I'm torn between the simplicity of the first gen and the looks of the new ones. Perhaps a 4th gen on an older Ford l7000 chasis.


----------



## BigJoeC

Love the '92 DogPlow. Hey djr623, you wanna sell your truck, thats excatly what I'm lookin for!


----------



## Dogplow Dodge

Thanks Guys...

I really like the look of those winge'd plows... kind of like a freight train front end with them both pointing rearwards

*How are they from an efficiency standpoint. Faster plowing ???*

Here's a better shot of it...with it's first load of leaves in the back.
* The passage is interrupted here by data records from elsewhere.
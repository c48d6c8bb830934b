-- ===== src/Channel/Sptp/Tests.antt =====
-- A vehicle whose clock is 1500 microseconds ahead, and a road-side unit.
use communication_in_critica.Prelude.{
  ℕ, ◌+◌, ◌*◌, ◌<◌, ◌≤◌, ◌≡◌, refl, List, [], ◌∷◌, true, false, arith, pos, negsuc, ◌+ℤ◌, neg, abs,
  diff, to_bytes, from_bytes,
}
use communication_in_critica.Channel.Address.{Address}
use communication_in_critica.Channel.Sptp.{
  Sptp, create, receive_sync, apply_measure, jumps, sync_kind, min_offset_ns, max_offset_ns,
  raw_offset,
}
use communication_in_critica.Channel.Sptp.Wire.{sync_bytes, seq_of, t2_prime_of}
use communication_in_critica.Channel.Sptp.Measure.{slave_clock}
use communication_in_critica.Channel.Sptp.Round.{round, jumped, round-error}
use communication_in_critica.Channel.Sptp.Stale.{Answers, jump_bounded}

abbrev vehicle : Address
vehicle = record { paddr = record { b0 = 2; b1 = 0; b2 = 0; b3 = 0; b4 = 0; b5 = 9 }; port = 0 }

abbrev slave : Sptp
slave = record {
  is_master = false;
  current_delay_ns = 100000;
  current_offset_ns = pos 0;
  pending_t2_ns = pos 0;
  pending_seq = 0;
  next_seq = 1;
  last_sync_steady_ns = 0;
  running = true;
  sync_count = 0;
  resync_requests = 0;
  first_sync_done = false;
}

created : create false ≡ record slave { running = false }
unfolding create
created = refl

-- The request takes 200 microseconds, the reply 300.
round-error_example :
    let (after, effects) =
      round slave slave vehicle
        (pos 1)
        (slave_clock (pos 1500000) 5000000)
        (5000000 + 200000)
        (pos 6000000)
        (slave_clock (pos 1500000) (6000000 + 300000))
        7 in
    (after.sync_count ≡ 0 + 1)
    × (2 * abs (pos 1500000 +ℤ jumped effects) ≤ 2 * min_offset_ns + (abs (diff 300000 200000) + 1))
round-error_example =
    round-error slave slave vehicle (pos 1) (pos 1500000) 5000000 200000 6000000 300000 7
      (omega arith) (omega arith) refl (omega arith)

-- It waits for the reply to its request 1.
abbrev waiting : Sptp
waiting = record slave { pending_t2_ns = pos 6500000; pending_seq = 1; next_seq = 2 }

abbrev reply : List ℕ
reply = 1 ∷ 0 ∷ 0 ∷ 0 ∷ 128 ∷ 88 ∷ 79 ∷ 0 ∷ 0 ∷ 0 ∷ 0 ∷ 0 ∷ []

reply-bytes : sync_bytes 1 5200000 ≡ reply
unfolding sync_bytes to_bytes
reply-bytes = refl

answers : Answers waiting sync_kind reply
unfolding seq_of from_bytes
answers = (refl, omega arith, refl, refl)

jump :
    (receive_sync waiting sync_kind (pos 6000000) reply (pos 7800000) 7).1
    ≡ jumps (negsuc 1549999) ∷ []
unfolding receive_sync apply_measure seq_of t2_prime_of from_bytes
jump = refl

jump_bounded_example :
    (negsuc 1549999
      ≡ neg (raw_offset (pos 6000000) (pos 7800000) (pos 6500000) (t2_prime_of reply)))
    × (min_offset_ns < 1550000)
    × (1550000 < max_offset_ns)
    × ((receive_sync waiting sync_kind (pos 6000000) reply (pos 7800000) 7).0.sync_count ≡ 0 + 1)
    × Answers waiting sync_kind reply
jump_bounded_example =
    jump_bounded waiting sync_kind (pos 6000000) reply (pos 7800000) 7 (negsuc 1549999) jump
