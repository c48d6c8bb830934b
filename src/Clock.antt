-- ===== src/Clock.antt =====
-- src/core/clock.h: `monotonic_stamp`, called by any number of threads. The load of `last` and each
-- compare-and-exchange are atomic, so a run is an interleaving of them; the clock's readings are
-- arbitrary. Stamps are nanoseconds after 1970 and are taken not to overflow.
mod Tests
use communication_in_critica.Prelude.{
  ℕ, ◌+◌, ◌≤◌, ◌<◌, ◌≡◌, ◌≢◌, refl, ◌↔◌, List, [], ◌∷◌, if◌then◌else◌, ltb, ◌==◌, arith, All,
  Bool-cases, inl, inr,
}

-- the value that the loop tries to store
unfoldable pub stamp : ℕ → ℕ → ℕ
stamp now prev = if ltb prev now then now else prev + 1

-- Where a thread is: outside, or in the loop with its reading of the clock and of `last`.
pub data Phase : Type 0 where
  outside : Phase
  trying : (now prev : ℕ) → Phase

-- What was returned, the latest first, each with the reading of the clock.
pub record State : Type 0 where
  pub last : ℕ
  pub threads : ℕ → Phase
  pub returned : List (ℕ × ℕ)

abbrev pub start : State
start = record { last = 0; threads = λ _. outside; returned = [] }

abbrev pub set : ℕ → Phase → (ℕ → Phase) → ℕ → Phase
set t p threads u = if u == t then p else threads u

-- The exchange is weak, so it may fail where `last` is what was read.
pub data Step (s : State) : State → Type 0 where
  load :
      (t now : ℕ)
      → s.threads t ≡ outside
      → Step s (record s { threads = set t (trying now s.last) s.threads })
  win :
      (t now prev : ℕ)
      → s.threads t ≡ trying now prev
      → s.last ≡ prev
      → Step s (record {
        last = stamp now prev;
        threads = set t outside s.threads;
        returned = (now, stamp now prev) ∷ s.returned;
      })
  fail :
      (t now prev : ℕ)
      → s.threads t ≡ trying now prev
      → Step s (record s { threads = set t (trying now s.last) s.threads })

pub data Reach : State → Type 0 where
  here : Reach start
  later : {s u : State} → Reach s → Step s u → Reach u

-- Each stamp is below the later ones, at most `bound`, and not before the clock's reading.
abbrev pub Increasing : ℕ → List (ℕ × ℕ) → Type 0
Increasing bound [] = Unit
Increasing bound ((now, ts) ∷ earlier) =
    (ts ≤ bound) × (now ≤ ts) × (0 < ts) × All (λ e. e.1 < ts) earlier × Increasing bound earlier

below : (b c : ℕ) (xs : List (ℕ × ℕ)) → b < c → Increasing b xs → All (λ e. e.1 < c) xs
below b c [] h i = tt
below b c ((now, ts) ∷ xs) h (le, _, _, _, i) = (omega arith, below b c xs h i)

raise : (b c : ℕ) (xs : List (ℕ × ℕ)) → b ≤ c → Increasing b xs → Increasing c xs
raise b c [] h i = tt
raise b c ((now, ts) ∷ xs) h (le, n, p, a, i) = (omega arith, n, p, a, raise b c xs h i)

stamp-bounds : (now prev : ℕ) → (prev < stamp now prev) × (now ≤ stamp now prev)
unfolding stamp
stamp-bounds now prev = ground arith

-- In any interleaving of the callers the stamps returned are strictly increasing in the order of
-- the exchanges, so no two are the same, and none is before the clock's reading by its caller.
pub stamps_increase : {s : State} → Reach s → Increasing s.last s.returned
stamps_increase here = tt
stamps_increase (later r (load t now e)) = stamps_increase r
stamps_increase (later r (fail t now prev e)) = stamps_increase r
stamps_increase (later {s} r (win t now prev e same)) =
    let (above, reads) = stamp-bounds now prev in
    let i = stamps_increase r in
    (
      omega arith,
      reads,
      omega (arith, above),
      below s.last (stamp now prev) s.returned (omega (arith, same, above)) i,
      raise s.last (stamp now prev) s.returned (omega (arith, same, above)) i,
    )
I'm in love with ....... my truck.... the wife is ok, i guess.


----------



## miderbier

Dogplow Dodge;1430164 said:


> Thanks Guys...
> 
> I really like the look of those winge'd plows... kind of like a freight train front end with them both pointing rearwards
> 
> *How are they from an efficiency standpoint. Faster plowing ???*
> 
> Here's a better shot of it...with it's first load of leaves in the back.
> 
> I'm in love with ....... my truck.... the wife is ok, i guess.


Hard to beat a good lookin Cummins 1st Gen like that one! Nice Truck...I would love to add one to my 2nd and 3rd...


----------



## Dogplow Dodge

miderbier;1430967 said:


> Hard to beat a good lookin Cummins 1st Gen like that one! Nice Truck.....


Thanks !

Haven't had it that long, but she purrs like a big hulking lump....

Fuel mileage is great, depending on the tires I run. Summer tires ~20mpg. Snow tires ~15mpg....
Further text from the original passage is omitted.